According to the United States Census Bureau, the CDP has a total area of 10.4 square miles (27.0 km^{2}), all land.

==Demographics==
As of the census of 2000, there were 298 people, 126 households, and 97 families residing in the CDP. The population density was 28.6 people per square mile (11.0/km^{2}). There were 303 housing units at an average density of 29.1/sq mi (11.2/km^{2}). The racial makeup of the CDP was 96.31% White, 1.68% Native American, 0.34% from other races, and 1.68% from two or more races. Hispanic or Latino of any race were 2.01% of the population.

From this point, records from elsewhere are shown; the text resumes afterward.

-- ===== src/Event/TableMap.antt =====
-- TableMapEvent. `none` for a field is a null pointer, and for an operation a read outside a buffer.
pub mod RoundTrip
use oblogproxy.Common.{
  ℕ, ◌+◌, ◌-◌, ◌^◌, ◌<◌, ◌≡◌, refl, List, ◌∷◌, ◌++◌, Option, none, some, length, arith,
  append_assoc, inl,
}
use oblogproxy.Bytes.{
  Read, ◌>>=◌, ◌>>◌, pure, skip, run, load_bytes, int1store, int2store, int6store, int1load,
  int2load, int6load,
}
use oblogproxy.Bytes.RoundTrip.{
  load_bytes-append, int1load-int1store, int2load-int2store, int6load-int6store,
}
use oblogproxy.Lenenc.{write_lenenc_uint, get_lenenc_uint, packet_store_length}
use oblogproxy.Event.Header.{
  OblogEventHeader, IsHeader, flush_header, deserialize_header, deserialize_header-flush_header,
}
use oblogproxy.Event.Checksum.{ObLogEvent, write_checksum, write_checksum-append, checksum_bytes}
use oblogproxy.Event.Memory.{write_null_terminate_string, overlay, overlay-exact}
use oblogproxy.Event.Rows.{◌then◌, copy, bitmap_len}

pub record TableMapEvent : Type 0 where
  pub event : ObLogEvent
  pub open event use *
  pub table_id : ℕ
  pub flags : ℕ
  pub db_len : ℕ
  pub db_name : List ℕ
  pub tb_len : ℕ
  pub tb_name : List ℕ
  pub column_count : ℕ
  pub column_type : Option (List ℕ)
  pub metadata_len : ℕ
  pub metadata : Option (List ℕ)
  pub null_bits : Option (List ℕ)

abbrev pub int32_max : ℕ
int32_max = 2 ^ 31 - 1

module _ (fresh : ℕ → List ℕ) where
  -- The names, in the memory that the buffer had there.
  abbrev pub names : TableMapEvent → List ℕ
  names e =
      int6store e.table_id
      ++ (int2store e.flags
          ++ (int1store e.db_len
              ++ (overlay fresh (e.db_len + 1)
                    (write_null_terminate_string (e.db_len + 1) e.db_name)
                  ++ (int1store e.tb_len
                      ++ overlay fresh (e.tb_len + 1)
                          (write_null_terminate_string (e.tb_len + 1) e.tb_name)))))

  unfoldable pub body : TableMapEvent → Option (List ℕ)
  body e =
      some (names e)
      then write_lenenc_uint int32_max e.column_count
      then copy e.column_count e.column_type
      then write_lenenc_uint int32_max e.metadata_len
      then copy e.metadata_len e.metadata
      then copy (bitmap_len e.column_count) e.null_bits

  abbrev checksummed : (List ℕ → ℕ) → TableMapEvent → Option (List ℕ) → Option (List ℕ)
  checksummed crc32 e none = none
  checksummed crc32 e (some bs) =
      some (write_checksum crc32 e.checksum_flag (flush_header e.header ++ bs))

  pub flush_to_buff : (List ℕ → ℕ) → TableMapEvent → Option (List ℕ)
  flush_to_buff crc32 e = checksummed crc32 e (body e)

  -- The types, the metadata and the bits are passed over, and the memory that is allocated for them
  -- is not written; the metadata's takes the place of the types'.
  pub read_body : ℕ → OblogEventHeader → Read TableMapEvent
  read_body flag header = do
    table_id ← int6load
    flags ← int2load
    db_len ← int1load
    db_name ← load_bytes db_len
    skip 1
    tb_len ← int1load
    tb_name ← load_bytes tb_len
    skip 1
    column_count ← get_lenenc_uint
    skip column_count
    metadata_len ← get_lenenc_uint
    pure (record {
      event = record { header = header; checksum_flag = flag };
      table_id = table_id;
      flags = flags;
      db_len = db_len;
      db_name = db_name;
      tb_len = tb_len;
      tb_name = tb_name;
      column_count = column_count;
      column_type = some (fresh metadata_len);
      metadata_len = metadata_len;
      metadata = none;
      null_bits = some (fresh (bitmap_len column_count));
    })

  pub deserialize : ℕ → List ℕ → Option TableMapEvent
  unfolding read_body
  deserialize flag = run (deserialize_header >>= read_body flag)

There were 126 households, out of which 28.6% had children under the age of 18 living with them, 72.2% were married couples living together, 1.6% had a female householder with no husband present, and 23.0% were non-families. 18.3% of all households were made up of individuals, and 4.8% had someone living alone who was 65 years of age or older. The average household size was 2.37 and the average family size was 2.71.

In the CDP, the population was spread out, with 20.8% under the age of 18, 4.7% from 18 to 24, 25.2% from 25 to 44, 39.9% from 45 to 64, and 9.4% who were 65 years of age or older. The median age was 45 years. For every 100 females, there were 117.5 males. For every 100 females age 18 and over, there were 108.8 males.

The median income for a household in the CDP was $65,795, and the median income for a family was $67,273. Males had a median income of $51,705 versus $30,104 for females. The per capita income for the CDP was $35,866. None of the families and 4.7% of the population were living below the poverty line.